## WHAT YOU NEED TO DO
Each line in the entries below that holds the word "backup" belongs in the answer.

## Stored data
• • • •

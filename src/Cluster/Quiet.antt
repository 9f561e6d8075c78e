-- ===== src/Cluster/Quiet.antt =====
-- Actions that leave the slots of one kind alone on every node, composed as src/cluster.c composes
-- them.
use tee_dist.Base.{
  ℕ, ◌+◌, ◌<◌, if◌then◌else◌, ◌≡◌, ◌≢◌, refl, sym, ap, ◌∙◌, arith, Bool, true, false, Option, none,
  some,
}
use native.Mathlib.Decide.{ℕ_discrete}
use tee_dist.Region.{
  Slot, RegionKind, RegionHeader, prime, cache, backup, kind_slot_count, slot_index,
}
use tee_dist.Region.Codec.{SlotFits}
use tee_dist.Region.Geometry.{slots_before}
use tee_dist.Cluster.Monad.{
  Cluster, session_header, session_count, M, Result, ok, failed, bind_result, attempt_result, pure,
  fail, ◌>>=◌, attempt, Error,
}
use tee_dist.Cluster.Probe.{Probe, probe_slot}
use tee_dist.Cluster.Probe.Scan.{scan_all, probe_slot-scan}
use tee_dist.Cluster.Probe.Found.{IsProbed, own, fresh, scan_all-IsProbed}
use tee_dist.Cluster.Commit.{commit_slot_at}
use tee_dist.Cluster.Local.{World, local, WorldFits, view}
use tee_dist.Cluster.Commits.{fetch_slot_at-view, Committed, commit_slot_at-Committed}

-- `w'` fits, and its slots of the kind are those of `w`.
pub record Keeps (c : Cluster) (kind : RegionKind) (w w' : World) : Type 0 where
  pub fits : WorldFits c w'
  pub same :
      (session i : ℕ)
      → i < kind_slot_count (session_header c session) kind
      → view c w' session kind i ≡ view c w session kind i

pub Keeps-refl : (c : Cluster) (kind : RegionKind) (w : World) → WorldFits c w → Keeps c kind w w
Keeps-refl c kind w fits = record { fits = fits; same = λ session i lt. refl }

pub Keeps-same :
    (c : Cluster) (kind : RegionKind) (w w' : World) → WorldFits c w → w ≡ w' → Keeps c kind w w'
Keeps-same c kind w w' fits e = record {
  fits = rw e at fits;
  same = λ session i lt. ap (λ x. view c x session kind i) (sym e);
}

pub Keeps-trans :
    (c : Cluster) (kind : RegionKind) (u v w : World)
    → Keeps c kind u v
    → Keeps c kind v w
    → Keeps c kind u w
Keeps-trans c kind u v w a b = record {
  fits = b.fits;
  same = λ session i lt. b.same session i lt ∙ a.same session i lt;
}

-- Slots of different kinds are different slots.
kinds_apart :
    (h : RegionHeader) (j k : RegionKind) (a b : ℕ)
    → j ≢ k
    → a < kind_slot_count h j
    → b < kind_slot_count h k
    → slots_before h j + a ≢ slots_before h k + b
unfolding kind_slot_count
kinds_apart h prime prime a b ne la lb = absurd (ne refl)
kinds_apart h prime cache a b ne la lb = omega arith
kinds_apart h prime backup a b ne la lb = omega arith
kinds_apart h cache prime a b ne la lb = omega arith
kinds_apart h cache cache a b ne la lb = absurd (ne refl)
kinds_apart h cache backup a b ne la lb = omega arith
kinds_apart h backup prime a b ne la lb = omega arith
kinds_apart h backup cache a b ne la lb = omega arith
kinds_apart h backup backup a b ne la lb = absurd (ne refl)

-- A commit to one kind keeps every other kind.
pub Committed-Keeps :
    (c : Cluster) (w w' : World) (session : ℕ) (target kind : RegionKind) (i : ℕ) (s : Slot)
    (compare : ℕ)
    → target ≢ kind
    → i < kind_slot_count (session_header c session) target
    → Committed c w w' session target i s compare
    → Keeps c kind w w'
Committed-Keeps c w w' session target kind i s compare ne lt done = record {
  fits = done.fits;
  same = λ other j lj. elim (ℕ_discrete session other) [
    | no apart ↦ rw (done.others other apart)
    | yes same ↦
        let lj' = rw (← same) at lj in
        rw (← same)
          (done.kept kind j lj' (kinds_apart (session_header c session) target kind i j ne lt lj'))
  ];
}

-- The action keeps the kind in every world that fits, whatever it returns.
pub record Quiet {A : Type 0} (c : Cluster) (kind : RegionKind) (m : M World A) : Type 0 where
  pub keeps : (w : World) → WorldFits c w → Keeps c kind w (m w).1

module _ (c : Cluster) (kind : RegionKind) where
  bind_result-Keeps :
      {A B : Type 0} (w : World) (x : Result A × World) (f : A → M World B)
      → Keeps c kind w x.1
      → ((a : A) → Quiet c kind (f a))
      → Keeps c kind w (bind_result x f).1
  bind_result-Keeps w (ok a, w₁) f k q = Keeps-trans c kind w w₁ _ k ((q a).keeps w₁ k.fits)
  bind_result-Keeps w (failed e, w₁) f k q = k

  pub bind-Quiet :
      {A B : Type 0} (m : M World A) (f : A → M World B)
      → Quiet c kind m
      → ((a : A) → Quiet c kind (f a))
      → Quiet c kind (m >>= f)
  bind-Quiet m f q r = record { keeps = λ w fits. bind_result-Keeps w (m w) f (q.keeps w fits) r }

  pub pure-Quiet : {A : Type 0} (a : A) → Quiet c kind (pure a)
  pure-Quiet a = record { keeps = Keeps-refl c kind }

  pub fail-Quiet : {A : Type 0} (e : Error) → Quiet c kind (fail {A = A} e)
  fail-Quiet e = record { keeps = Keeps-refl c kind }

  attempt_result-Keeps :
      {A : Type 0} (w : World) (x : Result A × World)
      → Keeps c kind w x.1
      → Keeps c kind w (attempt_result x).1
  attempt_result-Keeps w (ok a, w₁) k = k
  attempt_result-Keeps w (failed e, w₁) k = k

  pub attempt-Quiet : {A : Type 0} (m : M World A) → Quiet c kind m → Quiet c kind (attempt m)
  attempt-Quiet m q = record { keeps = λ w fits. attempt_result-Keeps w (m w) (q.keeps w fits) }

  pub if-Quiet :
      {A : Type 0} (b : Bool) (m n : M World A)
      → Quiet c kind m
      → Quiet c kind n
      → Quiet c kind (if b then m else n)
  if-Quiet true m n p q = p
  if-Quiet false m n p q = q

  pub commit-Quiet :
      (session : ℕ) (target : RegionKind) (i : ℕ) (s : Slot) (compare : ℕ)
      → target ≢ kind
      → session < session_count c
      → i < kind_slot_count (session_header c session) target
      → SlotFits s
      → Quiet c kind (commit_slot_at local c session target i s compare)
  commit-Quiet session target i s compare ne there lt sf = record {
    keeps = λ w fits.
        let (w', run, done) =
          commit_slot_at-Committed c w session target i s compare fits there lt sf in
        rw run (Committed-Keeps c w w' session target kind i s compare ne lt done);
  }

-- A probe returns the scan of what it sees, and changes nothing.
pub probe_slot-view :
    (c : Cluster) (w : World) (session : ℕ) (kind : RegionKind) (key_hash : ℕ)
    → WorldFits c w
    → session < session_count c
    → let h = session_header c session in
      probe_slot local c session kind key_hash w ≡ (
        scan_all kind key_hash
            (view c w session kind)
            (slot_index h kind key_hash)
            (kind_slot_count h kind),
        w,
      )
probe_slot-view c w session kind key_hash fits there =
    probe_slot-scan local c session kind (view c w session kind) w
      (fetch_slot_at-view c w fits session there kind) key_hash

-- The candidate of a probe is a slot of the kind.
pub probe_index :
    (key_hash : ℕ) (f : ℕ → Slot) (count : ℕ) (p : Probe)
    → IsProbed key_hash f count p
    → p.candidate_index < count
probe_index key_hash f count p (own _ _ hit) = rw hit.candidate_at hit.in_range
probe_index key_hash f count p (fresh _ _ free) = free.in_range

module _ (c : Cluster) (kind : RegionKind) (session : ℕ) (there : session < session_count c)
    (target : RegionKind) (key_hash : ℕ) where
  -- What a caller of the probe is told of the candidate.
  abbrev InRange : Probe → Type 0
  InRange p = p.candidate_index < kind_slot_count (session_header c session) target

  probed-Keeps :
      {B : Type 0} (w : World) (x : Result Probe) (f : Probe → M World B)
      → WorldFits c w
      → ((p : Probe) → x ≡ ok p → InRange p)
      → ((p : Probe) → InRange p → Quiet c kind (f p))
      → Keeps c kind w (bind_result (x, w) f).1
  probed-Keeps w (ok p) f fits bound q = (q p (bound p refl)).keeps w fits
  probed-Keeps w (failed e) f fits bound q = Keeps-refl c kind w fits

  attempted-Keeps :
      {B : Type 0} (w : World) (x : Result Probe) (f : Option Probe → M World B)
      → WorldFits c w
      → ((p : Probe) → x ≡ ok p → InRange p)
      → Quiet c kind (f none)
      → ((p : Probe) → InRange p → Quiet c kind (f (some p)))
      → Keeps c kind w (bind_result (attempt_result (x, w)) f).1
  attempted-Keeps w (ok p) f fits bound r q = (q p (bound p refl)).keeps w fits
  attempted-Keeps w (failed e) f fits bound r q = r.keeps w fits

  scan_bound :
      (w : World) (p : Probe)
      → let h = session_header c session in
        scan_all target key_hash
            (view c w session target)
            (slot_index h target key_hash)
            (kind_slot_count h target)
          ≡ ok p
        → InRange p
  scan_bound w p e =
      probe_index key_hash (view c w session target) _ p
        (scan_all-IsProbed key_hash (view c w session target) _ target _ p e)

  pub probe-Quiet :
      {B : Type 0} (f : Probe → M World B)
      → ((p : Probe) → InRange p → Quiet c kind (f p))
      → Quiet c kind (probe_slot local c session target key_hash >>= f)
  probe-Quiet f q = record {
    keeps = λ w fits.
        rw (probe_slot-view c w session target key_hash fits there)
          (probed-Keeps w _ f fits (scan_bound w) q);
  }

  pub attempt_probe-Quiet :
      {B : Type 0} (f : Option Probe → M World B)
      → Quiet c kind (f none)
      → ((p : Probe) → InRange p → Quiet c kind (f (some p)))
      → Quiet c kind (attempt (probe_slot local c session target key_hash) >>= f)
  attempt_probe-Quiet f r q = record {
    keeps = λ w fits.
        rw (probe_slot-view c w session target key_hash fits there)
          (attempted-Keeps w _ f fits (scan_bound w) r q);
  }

• • • •

## RESPONSE BELOW
  Slot, RegionKind, RegionHeader, prime, cache, backup, kind_slot_count, slot_index,
kinds_apart h prime backup a b ne la lb = omega arith
kinds_apart h cache backup a b ne la lb = omega arith
kinds_apart h backup prime a b ne la lb = omega arith
kinds_apart h backup cache a b ne la lb = omega arith
kinds_apart h backup backup a b ne la lb = absurd (ne refl)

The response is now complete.